**Exercise directions:**
Every line with the string "drop" in it belongs in your answer, so copy them all from the data.

Start of Records for this exercise

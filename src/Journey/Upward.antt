-- ===== src/Journey/Upward.antt =====
-- The whole way of a message from a phone to the library of a BBS.
use mathlib.Core.List.{Memᴰ}
use aka_smsd.Common.{
  ℕ, ◌+◌, ◌%◌, ◌^◌, ◌≤◌, ◌<◌, ◌≡◌, refl, ap, ◌∙◌, arith, true, some, List, [], ◌∷◌, ◌++◌, length,
  take, drop, take_all,
}
use aka_smsd.Common.Int.{pos, leb_ℤ}
use aka_smsd.Common.Text.{IsText}
use aka_smsd.Common.Code
use aka_smsd.Sms.{SmsMessage, max_child_code_len}
use aka_smsd.Sms.Layout.{sms_bytes}
use aka_smsd.Gateway.Message.{sender_of}
use aka_smsd.Gateway.World.{Env, Gw, done}
use aka_smsd.Gateway.Deliver.{common, get_sms_type, get_target_id, send}
use aka_smsd.Storage
use aka_smsd.Storage.{
  Disk, create, outgoing, regular, link, unlink, incoming, incoming_backup, file_name, on_notify,
}
use aka_smsd.Operator.Dx18
use aka_smsd.Operator.Dx18.{Dx, on_accept}
use aka_smsd.Operator.Dx18.Receiving.{mo_info_bytes}
use aka_smsd.Deliver.{Child, Database, object, get_dest_p2c, bbs_inbox}
use aka_smsd.Deliver.Routes.{Holds, ArePrefixFree, HasNoDot, get_dest-file_name}
use aka_smsd.Client.{System, Client, received, connected}
use aka_smsd.Client.Receive.{sms_reply, sms_get_reply}
use aka_smsd.Client.Messages.{sms_get_reply-gw_send_bytes}
use aka_smsd.Journey.{with_storage, with_protocol, up_packet}
use aka_smsd.Journey.Arrival.{
  sender_of-IsText, Accepts, arrived, IsArrival, arrived_lem, on_accept-file,
}
use aka_smsd.Journey.Handover.{send-common, on_notify-file}

-- The gateway of the BBS that the number belongs to sends the packet.
sent_up :
    (env : Env) (g : Gw env) (gnet : env.Net) (clock user : ℕ) (code phone operator body : List ℕ)
    → length code ≤ max_child_code_len
    → get_sms_type code (sender_of code user) ≡ common
    → get_target_id code (sender_of code user) ≡ user
    → IsArrival clock phone operator (sender_of code user) body
    → g.child_code ≡ code
    → g.connected ≡ true
    → ((n : ℕ) → env.malloc n ≡ true)
    → env.write g.net (up_packet g.serial user phone body)
      ≡ (gnet, pos (length (up_packet g.serial user phone body)))
    → (g' : Gw env) × (send env (arrived clock phone operator (sender_of code user) body) g
        ≡ done (Code.success, g'))
      × (g'.net ≡ gnet)
sent_up env g gnet clock user code phone operator body short kind target a own up memory written =
    let msg : SmsMessage = arrived clock phone operator (sender_of code user) body in
    let (from, to, text, ok) = arrived_lem clock phone operator (sender_of code user) body a in
    send-common env msg user g gnet
      (ap (λ (t : List ℕ). get_sms_type g.child_code t) to
        ∙ ap (λ (k : List ℕ). get_sms_type k (sender_of code user)) own
        ∙ kind)
      (ap (λ (t : List ℕ). get_target_id g.child_code t) to
        ∙ ap (λ (k : List ℕ). get_target_id k (sender_of code user)) own
        ∙ target)
      ok.body_whole (omega (arith, a.body_short, ap length text)) up memory
      (rw (from, text) written)

-- A phone answers, with a text of up to 1000 bytes, to the number in whose name a user of a BBS has
-- sent. Then the whole way works: the operator's process takes the packet and its storage makes one
-- file of it, when the filter finds nothing in it; the process that distributes the files gives a
-- file of this name to exactly this BBS; the BBS's process, when the file comes up in its
-- directory, sends one packet, which it writes whole, and moves the file to the backup; and when
-- these bytes reach the library of the BBS, its caller gets this user's number, the phone and the
-- text as they were. This is so for a table of codes that do not begin one another, a code of at
-- most four characters, a user from 1 below 2 ^ 31, a phone number of at most 16 characters without
-- a dot, a clock and a serial number of 32 bits, and where memory is not lacking, the process has
-- no file left over from before, and what `sms_read` leaves for its caller is not negative.
pub sms_get_reply-on_accept :
    (st : Dx18.Services) (osv gsv : Storage.Services) (env : Env) (db : Database) (sys : System)
    (store : db.Store) (table : List Child) (child : Child) (user : ℕ)
    (s : Dx (with_storage osv st)) (d : Disk (with_protocol (send env) gsv)) (g : Gw env)
    (c : Client sys) (phone operator body head_stale stale : List ℕ) (net net' : st.Net)
    (gnet : env.Net) (n1 n2 : sys.Net)
    → Holds db store table
    → ArePrefixFree table
    → Memᴰ child table
    → IsText child.child_id
    → length child.child_id ≤ max_child_code_len
    → 0 < user
    → user < 2 ^ 31
    → length operator ≡ 4
    → IsText phone
    → HasNoDot phone
    → length phone ≤ 16
    → length body ≤ 1000
    → s.clock < 2 ^ 32
    → st.read s.net (pos 56)
      ≡ (net, pos 56, mo_info_bytes phone operator (sender_of child.child_id user) (length body))
    → st.read net (pos (length body)) ≡ (net', pos (length body), body)
    → Accepts osv s.disk
        (sms_bytes (arrived s.clock phone operator (sender_of child.child_id user) body))
    → ((n : ℕ) → gsv.realloc n ≡ true)
    → d.protocol ≡ done g
    → d.readed_file_list ≡ []
    → g.child_code ≡ child.child_id
    → g.connected ≡ true
    → g.serial < 2 ^ 32
    → ((n : ℕ) → env.malloc n ≡ true)
    → env.write g.net (up_packet g.serial user phone body)
      ≡ (gnet, pos (length (up_packet g.serial user phone body)))
    → connected sys c ≡ true
    → leb_ℤ (pos 0) sys.no_return ≡ true
    → ((n : ℕ) → sys.malloc n ≡ true)
    → sys.read c.net 13 ≡ (n1, received (take 13 (up_packet g.serial user phone body)))
    → sys.read n1 (25 + length body) ≡ (n2, received (drop 13 (up_packet g.serial user phone body)))
    → (name content : List ℕ) × (d' : Disk osv) × (g' : Gw env) × (on_accept (with_storage osv st) s
        ≡ done (pos 0, record s { net = net'; disk = d' }))
      × (d'.ops ≡ s.disk.ops ++ create outgoing name content ∷ [])
      × (get_dest_p2c db store name (object true) ≡ some (object true, bbs_inbox child.child_name))
      × (on_notify (with_protocol (send env) gsv) (regular name content ∷ []) d ≡ (
        record d {
          ops = d.ops ++ link incoming incoming_backup name ∷ unlink incoming name ∷ [];
          protocol = done g';
        },
        pos 0,
      ))
      × (g'.net ≡ gnet)
      × (sms_get_reply sys head_stale stale c
          ≡ (record c { net = n2 }, sms_reply g.serial 0 user phone body))
sms_get_reply-on_accept st osv gsv env db sys store table child user s d g c phone operator body
      head_stale stale net net' gnet n1 n2 holds free inside code_text code_short some_user small
      four phone_text dotless phone_short body_short now first second accepts buffers ready fresh
      own up serial memory written linked fine memory' third fourth =
    let number : List ℕ = sender_of child.child_id user in
    let (number_text, number_short) =
      sender_of-IsText child.child_id user code_text code_short some_user small in
    let a : IsArrival s.clock phone operator (sender_of child.child_id user) body = record {
      now = now;
      four = four;
      phone_text = phone_text;
      phone_short = phone_short;
      number_text = number_text;
      number_short = omega (arith, number_short);
      body_short = body_short;
    } in
    let msg : SmsMessage = arrived s.clock phone operator number body in
    let name : List ℕ = file_name phone number s.disk.clock ((s.disk.count + 1) % 2 ^ 32) in
    let (from, to, text, ok) = arrived_lem s.clock phone operator number body a in
    let (d', taken, stored) =
      on_accept-file st osv s phone operator number body net net' a first second accepts in
    let (dest, kind, target) =
      get_dest-file_name db store table child user s.disk.clock ((s.disk.count + 1) % 2 ^ 32) phone
        holds free inside code_short some_user small dotless in
    let (g', sent, same_net) =
      sent_up env g gnet s.clock user child.child_id phone operator body code_short kind target a
        own up memory written in
    let shown : SmsMessage = record msg {
      sender_number = phone;
      body_length = length body;
      body = body;
    } in
    (
      name,
      sms_bytes msg,
      d',
      g',
      taken,
      stored,
      dest,
      on_notify-file (send env) gsv d name msg g g' ok buffers ready fresh sent,
      same_net,
      sms_get_reply-gw_send_bytes sys c n1 n2 head_stale stale g.serial user shown serial
            (omega arith) refl (omega arith) phone_text linked fine memory' third fourth
          ∙ ap (λ (p : List ℕ). (record c { net = n2 }, sms_reply g.serial 0 user p body))
              (take_all 16 phone phone_short),
    )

End of Records for this exercise

**Exercise solution:**
  take, drop, take_all,
    → sys.read n1 (25 + length body) ≡ (n2, received (drop 13 (up_packet g.serial user phone body)))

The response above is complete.